The indictment describes Mr Trump’s meeting with the people working on the book and members of his staff, “none of whom had security clearance”. It also says that Mr. Trump “showed and described a ‘plan of attack’.”

Mr. Meadows’ book contains a reference to a document that he claimed Mr. Trump said General Milley had typed himself.

“The president recalls a four-page report typed by Mark Milley himself,” Mr. Meadows’ book read. “It contained the general’s own plan to attack Iran, which would involve deploying massive numbers of troops, something he urged President Trump on more than one occasion during his presidency. President Trump rejected those requests every time.”

People close to General Milley have denied that he pushed to attack Iran.

Mr. Smith’s indictment suggests prosecutors obtained a large amount of Mar-a-Lago surveillance footage, some of which show Mr. Nauta, Mr. Trump’s co-defendant and personal assistant, moving boxes in and out of a storage unit . in the basement of the complex.

The move of those boxes — undertaken at the request of Mr Trump, prosecutors say — is at the heart of a conspiracy charge accusing Mr Trump and Mr Nauta of obstructing the administration’s efforts to recover all classified material. to demand that Mr. Trump take. him from the White House.

But prosecutors have also issued at least one subpoena for surveillance camera footage from Bedminster, according to two people familiar with the case. The subpoena for those images came some time after the government’s request for the Mar-a-Lago footage, the people said, though it remains unclear what the footage shows or exactly why prosecutors sought to obtain it.

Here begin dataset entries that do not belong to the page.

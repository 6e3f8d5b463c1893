-- ===== src/Runtime/Closed.antt =====
-- sgInit binds the default stream, and after sgShutdown no call reaches the driver.
use softgpu.Base.{
  ℕ, ◌+◌, ◌-◌, ◌/◌, ◌%◌, ◌^◌, ◌≤◌, ◌<◌, ◌≡◌, ◌≢◌, refl, sym, ap, ◌∙◌, inl, inr, [], ◌∷◌, Option,
  none, some, true, false, ◌==◌, update, eq_or_ne, ne→==, Bool-cases, arith,
}
use native.Mathlib.Nat.{mul-mod_left}
use softgpu.Errno.{Rc, ok}
use softgpu.Integers.{ℤ, pos}
use softgpu.Device.{Command}
use softgpu.Device.Runlist.{is_ok}
use softgpu.Runtime.{SgError, sg_ok, not_initialized, Stream, Runtime, is_open}
use softgpu.Runtime.Errors.{is_ok→ne, from_errno→ok}
use softgpu.Runtime.Api.{Priorities, Queues, Contexts, Buffers, Opened, opened, refused}
use softgpu.Runtime.Bind.{create_stream, stream_destroy}
use softgpu.Runtime.ChannelSearch.{uses}
use softgpu.Runtime.Bindings.{IsBound}
use softgpu.Runtime.Submit.{stream_submit, submit_on, resolve, store_stream}
use softgpu.Runtime.Entry.{
  stream_synchronize, event_destroy, event_record, event_synchronize, stream_wait_event,
  device_synchronize,
}
use softgpu.Runtime.Lifecycle.{abi_version, first_bind, adopt, init_opened, init, shutdown}
use softgpu.Runtime.Buffers.{
  host_page, round_to_page, malloc, free, malloc_managed, malloc_host, free_host, host_register,
  host_unregister, hold_host_faults,
}

-- The call returns SG_ERR_NOT_INITIALIZED and changes nothing.
abbrev pub Refuses : {D : Type 0} → Runtime D → SgError × Runtime D → Type 0
Refuses rt r = (r.0 ≡ not_initialized) × (r.1 ≡ rt)

first_bind-users : (j : ℕ) → (first_bind j).users ≡ uses j ((0, pos 0) ∷ [])
unfolding update uses
first_bind-users j = elim (eq_or_ne j 0) [
  | inl q ↦ rw q refl
  | inr q ↦ rw (ne→== j 0 q, ne→== 0 j (λ s. q (sym s))) refl
]

first_bind-priority : (j : ℕ) → (first_bind j).priority ≡ pos 0
unfolding update
first_bind-priority j = elim (Bool-cases (j == 0)) [ inl q ↦ rw q refl | inr q ↦ rw q refl ]

store_stream-drv :
    {D : Type 0} (rt : Runtime D) (handle : Option ℕ) (s : Stream)
    → (store_stream handle s rt).drv ≡ rt.drv
unfolding store_stream
store_stream-drv rt none s = refl
store_stream-drv rt (some address) s = refl

module _ {D : Type 0} (api : Priorities D) (queues : Queues D) (contexts : Contexts D)
    (buffers : Buffers D) where
  closed-Refuses :
      (rt : Runtime D) (handle : Option ℕ) (engine host_ptr a b c : ℕ) (p : ℤ) (cmd : Command)
      → is_open rt ≡ false
      → Refuses rt (shutdown contexts rt)
        × Refuses rt (stream_destroy api rt a)
        × (create_stream api rt a p ≡ (not_initialized, none, rt))
        × Refuses rt (stream_synchronize queues rt handle)
        × Refuses rt (event_destroy rt a)
        × Refuses rt (event_record queues rt a handle)
        × Refuses rt (event_synchronize queues rt a)
        × Refuses rt (stream_wait_event rt handle a)
        × Refuses rt (device_synchronize queues rt)
        × ((submit_on queues rt handle engine cmd host_ptr).0 ≡ not_initialized)
        × ((submit_on queues rt handle engine cmd host_ptr).1.drv ≡ rt.drv)
        × (malloc buffers rt a b ≡ (not_initialized, none, rt))
        × Refuses rt (free buffers rt a)
        × (malloc_managed buffers rt a b c ≡ (not_initialized, none, rt))
        × (malloc_host buffers rt a b ≡ (not_initialized, none, rt))
        × Refuses rt (free_host buffers queues rt a)
        × Refuses rt (host_register buffers rt a b)
        × Refuses rt (host_unregister buffers rt a)
        × (hold_host_faults buffers rt a ≡ rt)
  unfolding shutdown stream_destroy create_stream stream_synchronize event_destroy event_record
      event_synchronize stream_wait_event device_synchronize submit_on stream_submit malloc free
      malloc_managed malloc_host free_host host_register host_unregister hold_host_faults
  closed-Refuses rt handle engine host_ptr a b c p cmd h =
      let kept = store_stream-drv rt handle (resolve rt handle) in
      rw h (
        (refl, refl),
        (refl, refl),
        refl,
        (refl, refl),
        (refl, refl),
        (refl, refl),
        (refl, refl),
        (refl, refl),
        (refl, refl),
        refl,
        kept,
        refl,
        (refl, refl),
        refl,
        refl,
        (refl, refl),
        (refl, refl),
        (refl, refl),
        refl,
      )

  -- Once sgShutdown has been called on an open runtime, a second sgShutdown, the calls on streams and
  -- events, the submissions on a stream, and the calls that allocate, free, pin or unpin memory all
  -- return SG_ERR_NOT_INITIALIZED and leave the runtime and the driver as they are.
  pub shutdown-Refuses :
      (rt : Runtime D) (handle : Option ℕ) (engine host_ptr a b c : ℕ) (p : ℤ) (cmd : Command)
      → is_open rt ≡ true
      → let rt' = (shutdown contexts rt).1 in
        Refuses rt' (shutdown contexts rt')
        × Refuses rt' (stream_destroy api rt' a)
        × (create_stream api rt' a p ≡ (not_initialized, none, rt'))
        × Refuses rt' (stream_synchronize queues rt' handle)
        × Refuses rt' (event_destroy rt' a)
        × Refuses rt' (event_record queues rt' a handle)
        × Refuses rt' (event_synchronize queues rt' a)
        × Refuses rt' (stream_wait_event rt' handle a)
        × Refuses rt' (device_synchronize queues rt')
        × ((submit_on queues rt' handle engine cmd host_ptr).0 ≡ not_initialized)
        × ((submit_on queues rt' handle engine cmd host_ptr).1.drv ≡ rt'.drv)
        × (malloc buffers rt' a b ≡ (not_initialized, none, rt'))
        × Refuses rt' (free buffers rt' a)
        × (malloc_managed buffers rt' a b c ≡ (not_initialized, none, rt'))
        × (malloc_host buffers rt' a b ≡ (not_initialized, none, rt'))
        × Refuses rt' (free_host buffers queues rt' a)
        × Refuses rt' (host_register buffers rt' a b)
        × Refuses rt' (host_unregister buffers rt' a)
        × (hold_host_faults buffers rt' a ≡ rt')
  unfolding shutdown
  shutdown-Refuses rt handle engine host_ptr a b c p cmd h =
      closed-Refuses (shutdown contexts rt).1 handle engine host_ptr a b c p cmd (rw h refl)

module _ {D : Type 0} (contexts : Contexts D) where
  opened-bind :
      (rt rt' : Runtime D) (o : Opened)
      → ((rc : Rc) → o ≡ refused rc → rc ≢ ok)
      → init_opened contexts rt o ≡ (sg_ok, rt')
      → rt'.bind ≡ first_bind
  unfolding init_opened adopt
  opened-bind rt rt' (refused rc) n h = absurd (n rc refl (from_errno→ok rc (ap (λ x. x.0) h)))
  opened-bind rt rt' (opened fd) n h =
      let (rc, q, d) = contexts.query fd rt.drv in
      elim (Bool-cases (is_ok rc)) [
        | inr k ↦ absurd (is_ok→ne rc k (from_errno→ok rc (ap (λ x. x.0) (rw k at h))))
        | inl k ↦ elim (Bool-cases (q.abi_version == abi_version)) [
          | inr v ↦ cc (rw (k, v) at h)
          | inl v ↦ ap (λ x. x.1.bind) (sym (rw (k, v) at h))
        ]
      ]

  init-bind : (rt rt' : Runtime D) → init contexts rt ≡ (sg_ok, rt') → rt'.bind ≡ first_bind
  unfolding init
  init-bind rt rt' h =
      let (o, d) = contexts.drv_open rt.drv in
      elim (Bool-cases (is_open rt)) [
        | inl k ↦ cc (rw k at h)
        | inr k ↦ opened-bind (record rt { drv = d }) rt' o (contexts.negative rt.drv) (rw k at h)
      ]

  -- sgInit that succeeds, with a driver that has at least one channel, whose engines and channels are
  -- those that the query told, and all of whose channels have the default priority, leaves the default
  -- stream bound to channel 0 and no other stream bound.
  pub init-IsBound :
      (api : Priorities D) (rt rt' : Runtime D)
      → init contexts rt ≡ (sg_ok, rt')
      → api.engines rt'.drv ≡ rt'.num_engines
      → api.channels rt'.drv ≡ rt'.num_channels
      → 0 < rt'.num_channels
      → ((e c : ℕ) → api.priority rt'.drv e c ≡ pos 0)
      → IsBound api rt' ((0, pos 0) ∷ [])
  init-IsBound api rt rt' h e c l q =
      let b = init-bind rt rt' h in
      record {
        counted = λ j. ap (λ x. (x j).users) b ∙ first_bind-users j;
        agree = ((l, ap (λ x. (x 0).priority) b ∙ first_bind-priority 0), tt);
        programmed = λ i j a k. q i j ∙ sym (ap (λ x. (x j).priority) b ∙ first_bind-priority j);
        engines = e;
        channels = c;
      }

-- The size that sgMallocHost pins is a number of whole pages that holds the bytes, less than a page
-- more than them, unless the bytes come within a page of 2^64.
pub round_to_page_lem :
    (bytes : ℕ)
    → bytes + host_page ≤ 2 ^ 64
    → let r = round_to_page bytes in (r % host_page ≡ 0) × (bytes ≤ r) × (r < bytes + host_page)
unfolding round_to_page
round_to_page_lem bytes h = (
  mul-mod_left ((bytes + host_page - 1) % 2 ^ 64 / host_page) host_page,
  omega (arith, h),
  omega (arith, h),
)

One thing is certain, though: Even after the FBI searched Mar-a-Lago, Mr. Bratt and his team remained concerned that Mr. Trump was still holding classified documents in violation of a subpoena for them the administration had made. issued three months earlier. So in September — a month after the Mar-a-Lago search — prosecutors reached out to Trump representatives to give the former president another chance to return relevant material, according to sealed court documents described in The Times.

Initially, Mr. Trump’s lawyers refused to further search his property or provide an affidavit declaring that everything had been turned over, the court documents said, according to a person who was aware of its contents. Their refusal caused the lawyers to question the scope and validity of the initial subpoena and argue that Mr. Trump’s presidential office could incriminate itself if more classified documents were discovered and returned.

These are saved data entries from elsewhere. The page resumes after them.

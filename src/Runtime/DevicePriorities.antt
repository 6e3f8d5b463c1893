-- ===== src/Runtime/DevicePriorities.antt =====
-- The device's registers serve SG_IOC_SET_PRIORITY: the interface that the streams' channels stand on.
use softgpu.Base.{
  ℕ, ◌≡◌, ◌≢◌, refl, sym, ap, ◌∙◌, ◌⊎◌, inl, inr, false, ◌||◌, leb, Bool-cases, update, update_ne,
  update_self, eq_or_ne,
}
use softgpu.Integers.{ℤ, ltb_int}
use softgpu.Device.{
  Device, set_channel, set_channel_priority, mixed_engines, priority_least, priority_greatest,
}
use softgpu.Device.Priority.{set_channel_priority_lem}
use softgpu.Runtime.Api.{Priorities}

-- What a request that is served changes.
pub served :
    (e c : ℕ) (p : ℤ) (d : Device)
    → let d' = (set_channel_priority d e c p).1 in
      (d' ≡ d)
      ⊎ (d' ≡ record (set_channel d e c (record (d.channel e c) { priority = p })) {
        mixed_priority =
            mixed_engines
              (set_channel d e c (record (d.channel e c) { priority = p }))
              0
              d.num_engines;
      })
unfolding set_channel_priority set_channel
served e c p d = elim (Bool-cases (leb d.num_engines e || leb d.num_channels c)) [
  | inl t ↦ rw t (inl refl)
  | inr t ↦ rw t (elim (Bool-cases (ltb_int priority_least p || ltb_int p priority_greatest)) [
    | inl u ↦ rw u (inl refl)
    | inr u ↦ rw u (inr refl)
  ])
]

pub other_channel :
    (d : Device) (e c : ℕ) (p : ℤ) (i j : ℕ)
    → (i ≢ e) ⊎ (j ≢ c)
    → ((set_channel d e c (record (d.channel e c) { priority = p })).channel i j).priority
      ≡ (d.channel i j).priority
unfolding set_channel
other_channel d e c p i j h =
    let b = record (d.channel e c) { priority = p } in
    let row = update (d.channel e) c b in
    elim (eq_or_ne i e) [
      | inr q ↦ ap (λ x. (x j).priority) (update_ne d.channel e i row q)
      | inl q ↦ elim h [
        | inl k ↦ absurd (k q)
        | inr k ↦
            ap (λ x. (update d.channel e row x j).priority) q
            ∙ ap (λ x. (x j).priority) (update_self d.channel e row)
            ∙ ap (λ x. x.priority) (update_ne (d.channel e) c j b k)
            ∙ ap (λ x. (d.channel x j).priority) (sym q)
      ]
    ]

-- The requests of the runtime, served by Device::set_channel_priority.
unfoldable pub device_priorities : Priorities Device
unfolding set_channel
device_priorities = record {
  set_priority = λ e c p d. set_channel_priority d e c p;
  engines = λ d. d.num_engines;
  channels = λ d. d.num_channels;
  priority = λ d e c. (d.channel e c).priority;
  InRange = λ p. (ltb_int priority_least p ≡ false) × (ltb_int p priority_greatest ≡ false);
  accepts = λ e c p d h k r. elim (set_channel_priority_lem d e c p) [
    | inl s ↦ s.0
    | inr s ↦ absurd (s.1 (h, k, r.0, r.1))
  ];
  sets = λ e c p d q. elim (set_channel_priority_lem d e c p) [
    | inl s ↦ s.2
    | inr s ↦ absurd (cc (s.0, q))
  ];
  keeps = λ e c p d i j h. elim (served e c p d) [
    | inl s ↦ ap (λ x. (x.channel i j).priority) s
    | inr s ↦ ap (λ x. (x.channel i j).priority) s ∙ other_channel d e c p i j h
  ];
  keeps_engines = λ e c p d. elim (served e c p d) [
    | inl s ↦ ap (λ x. x.num_engines) s
    | inr s ↦ ap (λ x. x.num_engines) s
  ];
  keeps_channels = λ e c p d. elim (served e c p d) [
    | inl s ↦ ap (λ x. x.num_channels) s
    | inr s ↦ ap (λ x. x.num_channels) s
  ];
}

The government responded by filing a motion to enforce compliance with the original subpoena, and a hearing was scheduled for late October for Judge Beryl A. Howell, who was then the chief judge of the Federal District Court in Washington.

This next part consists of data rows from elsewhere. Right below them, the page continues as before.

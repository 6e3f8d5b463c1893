-- ===== src/Runtime/Pending.antt =====
-- What a stream still owes before its next command, and `stream_submit` as one run over it.
use softgpu.Base.{
  ℕ, ◌≡◌, ◌≢◌, refl, ap, ◌∙◌, ◌⊎◌, inl, inr, List, [], ◌∷◌, ◌++◌, true, false, if◌then◌else◌,
  Bool-cases,
}
use softgpu.Errno.{Rc, ok}
use softgpu.Device.{Command}
use softgpu.Device.Runlist.{is_ok}
use softgpu.Abi.{SubmitArgs, SubmitOut}
use softgpu.Runtime.{from_errno, SgFence, Stream, Runtime, is_open}
use softgpu.Runtime.Api.{Queues}
use softgpu.Runtime.Errors.{is_ok→ok, is_ok→ne}
use softgpu.Runtime.Submit.{
  wait_command, same_ring, request, Submitted, raw_submit, wait_on, wait_on_all, submit_last,
  submit_after, stream_submit, is_direct,
}

-- The wait for one fence, when it is not on the same ring.
unfoldable pub wait_requests : ℕ → ℕ → List SgFence → List SubmitArgs
wait_requests engine channel [] = []
wait_requests engine channel (f ∷ fs) =
    let rest = wait_requests engine channel fs in
    if same_ring engine channel f then rest else request engine channel (wait_command f) 0 ∷ rest

-- The fences that the stream's next command must come after.
abbrev pub owed : Stream → List SgFence
owed s = if s.has_tail then s.extra_waits ++ s.tail ∷ [] else s.extra_waits

-- Submitting a list in order, until one is refused: the last return code and the state.
unfoldable pub submit_each : {D : Type 0} → Queues D → List SubmitArgs → D → Rc × D
submit_each q [] d = (ok, d)
submit_each q (a ∷ more) d =
    let (rc, o, d') = q.submit a d in
    let rest = submit_each q more d' in if is_ok rc then rest else (rc, d')

-- The reference: all waits that are owed, then the command.
unfoldable pub submit_in_order :
    {D : Type 0} → Queues D → Stream → ℕ → Command → ℕ → D → Rc × SubmitOut × D
unfolding submit_each wait_requests
submit_in_order q s engine cmd host_ptr d =
    let (rc, d') = submit_each q (wait_requests engine s.channel (owed s)) d in
    let last = q.submit (request engine s.channel cmd host_ptr) d' in
    if is_ok rc then last else (rc, record { fence = 0; out_flags = 0 }, d')

-- What `stream_submit` did, by the reference's result: its return value and the driver's state are the
-- reference's, and the stream either has the command's fence as its tail and owes nothing else, or
-- is left with its tail.
abbrev pub Sent : {D : Type 0} → Runtime D → Stream → ℕ → Rc × SubmitOut × D → Submitted D → Type 0
Sent rt s engine (rc, o, d) r =
    (r.err ≡ from_errno rc)
    × (r.rt ≡ record rt { drv = d })
    × (r.stream.channel ≡ s.channel)
    × (((rc ≡ ok)
          × (r.fence ≡ o.fence)
          × (r.direct ≡ is_direct o)
          × (r.stream.has_tail ≡ true)
          × (r.stream.tail ≡ record { engine = engine; channel = s.channel; value = o.fence })
          × (r.stream.extra_waits ≡ []))
        ⊎ ((rc ≢ ok)
            × (r.fence ≡ 0)
            × (r.direct ≡ false)
            × (r.stream.has_tail ≡ s.has_tail)
            × (r.stream.tail ≡ s.tail)))

pub wait_requests-++ :
    (e c : ℕ) (xs ys : List SgFence)
    → wait_requests e c (xs ++ ys) ≡ wait_requests e c xs ++ wait_requests e c ys
unfolding wait_requests
wait_requests-++ e c [] ys = refl
wait_requests-++ e c (f ∷ xs) ys = elim (Bool-cases (same_ring e c f)) [
  | inl q ↦ rw q (wait_requests-++ e c xs ys)
  | inr q ↦ rw q (ap (λ x. request e c (wait_command f) 0 ∷ x) (wait_requests-++ e c xs ys))
]

module _ {D : Type 0} (queues : Queues D) where
  pub submit_each-++ :
      (xs ys : List SubmitArgs) (d : D)
      → submit_each queues (xs ++ ys) d ≡ (
          let (rc, d') = submit_each queues xs d in
          let rest = submit_each queues ys d' in if is_ok rc then rest else (rc, d'))
  unfolding submit_each
  submit_each-++ [] ys d = refl
  submit_each-++ (a ∷ xs) ys d = elim (Bool-cases (is_ok (queues.submit a d).0)) [
    | inl q ↦ rw q (submit_each-++ xs ys (queues.submit a d).2)
    | inr q ↦ rw (q, q) refl
  ]

  wait_on_all-submit_each :
      (e c : ℕ) (fs : List SgFence) (rt : Runtime D)
      → let (rc, d) = submit_each queues (wait_requests e c fs) rt.drv in
        wait_on_all queues e c fs rt ≡ (rc, record rt { drv = d })
  unfolding wait_on_all wait_on raw_submit submit_each wait_requests
  wait_on_all-submit_each e c [] rt = refl
  wait_on_all-submit_each e c (f ∷ fs) rt = elim (Bool-cases (same_ring e c f)) [
    | inl q ↦ rw q (wait_on_all-submit_each e c fs rt)
    | inr q ↦
        let sent = queues.submit (request e c (wait_command f) 0) rt.drv in
        elim (Bool-cases (is_ok sent.0)) [
          | inl k ↦ rw (q, k) (wait_on_all-submit_each e c fs (record rt { drv = sent.2 }))
          | inr k ↦ rw (q, k) refl
        ]
  ]

  wait_on-submit_each :
      (e c : ℕ) (f : SgFence) (rt : Runtime D)
      → let (rc, d) = submit_each queues (wait_requests e c (f ∷ [])) rt.drv in
        wait_on queues e c f rt ≡ (rc, record rt { drv = d })
  unfolding wait_on raw_submit submit_each wait_requests
  wait_on-submit_each e c f rt = elim (Bool-cases (same_ring e c f)) [
    | inl q ↦ rw q refl
    | inr q ↦
        let sent = queues.submit (request e c (wait_command f) 0) rt.drv in
        elim (Bool-cases (is_ok sent.0)) [
          | inl k ↦ rw (q, k) (ap (λ x. (x, record rt { drv = sent.2 })) (is_ok→ok sent.0 k))
          | inr k ↦ rw (q, k) refl
        ]
  ]

  submit_last-Sent :
      (rt : Runtime D) (s : Stream) (engine : ℕ) (cmd : Command) (host_ptr : ℕ) (d : D)
      → Sent rt s engine (queues.submit (request engine s.channel cmd host_ptr) d) (
          submit_last queues
            (record rt { drv = d })
            (record s { extra_waits = [] })
            engine
            cmd
            host_ptr)
  unfolding submit_last raw_submit
  submit_last-Sent rt s engine cmd host_ptr d =
      let rc = (queues.submit (request engine s.channel cmd host_ptr) d).0 in
      elim (Bool-cases (is_ok rc)) [
        | inl k ↦ rw k (refl, refl, refl, inl (is_ok→ok rc k, refl, refl, refl, refl, refl))
        | inr k ↦ rw k (refl, refl, refl, inr (is_ok→ne rc k, refl, refl, refl, refl))
      ]

  -- On an open runtime, `stream_submit` does what the reference does: it submits the waits that the
  -- stream owes, in order, and then the command, and stops at the first request that is refused.
  pub stream_submit-Sent :
      (rt : Runtime D) (s : Stream) (engine : ℕ) (cmd : Command) (host_ptr : ℕ)
      → is_open rt ≡ true
      → Sent rt s engine
          (submit_in_order queues s engine cmd host_ptr rt.drv)
          (stream_submit queues rt s engine cmd host_ptr)
  unfolding stream_submit submit_after submit_in_order
  stream_submit-Sent rt s engine cmd host_ptr h =
      let c = s.channel in
      let all = wait_on_all-submit_each engine c s.extra_waits rt in
      let first = submit_each queues (wait_requests engine c s.extra_waits) rt.drv in
      let last = wait_on-submit_each engine c s.tail (record rt { drv = first.1 }) in
      let joined =
        ap (λ x. submit_each queues x rt.drv)
          (wait_requests-++ engine c s.extra_waits (s.tail ∷ []))
        ∙ submit_each-++ (wait_requests engine c s.extra_waits)
            (wait_requests engine c (s.tail ∷ [])) rt.drv in
      let second = submit_each queues (wait_requests engine c (s.tail ∷ [])) first.1 in
      elim (Bool-cases s.has_tail) [
        | inr t ↦ elim (Bool-cases (is_ok first.0)) [
          | inl k ↦ rw (h, all, t, k) (rw t at (submit_last-Sent rt s engine cmd host_ptr first.1))
          | inr k ↦
              rw (h, all, t, k) (refl, refl, refl, inr (is_ok→ne first.0 k, refl, refl, refl, refl))
        ]
        | inl t ↦ elim (Bool-cases (is_ok first.0)) [
          | inl k ↦ elim (Bool-cases (is_ok second.0)) [
            | inl m ↦
                rw (h, all, t, joined, k, last, m)
                  (rw t at (submit_last-Sent rt s engine cmd host_ptr second.1))
            | inr m ↦
                rw (h, all, t, joined, k, last, m)
                  (refl, refl, refl, inr (is_ok→ne second.0 m, refl, refl, refl, refl))
          ]
          | inr k ↦
              rw (h, all, t, joined, k, k)
                (refl, refl, refl, inr (is_ok→ne first.0 k, refl, refl, refl, refl))
        ]
      ]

One of Mr Trump’s former lawyers, Timothy Parlatore, has since suggested that Boris Epshteyn, another lawyer close to Mr Trump, “tried to interfere” with searches ordered by Trump’s legal team around that time . Mr. Parlatore made the comments about Mr. Epshteyn in a CNN interview last month citing his differences with Mr. Epshteyn as a major reason he had resigned as Mr. Trump’s representative. (He later said Mr Epshteyn was not at fault and called it a disagreement.)

Minutes before the hearing before Judge Howell, Mr Parlatore warned her and the government that a team of professionals with military training had searched Bedminster for classified material only days earlier. They were accompanied by another of Mr. Trump’s lawyers at the time, James Trusty.

But the Justice Department was unimpressed, according to court documents. Prosecutors complained that the search was limited to certain areas of Bedminster and was not accompanied by an affidavit detailing which areas of the club had been investigated.

Ultimately, Judge Howell ruled in favor of the government and ordered Mr Trump’s lawyers to take an affidavit about which parts of Bedminster had been searched. She also told the lawyers to make available a “custodian of records” for Trump’s presidential office to testify about the search before a grand jury.

Ben Protess, William K. Rashbaum And Adam Goldman reporting contributed.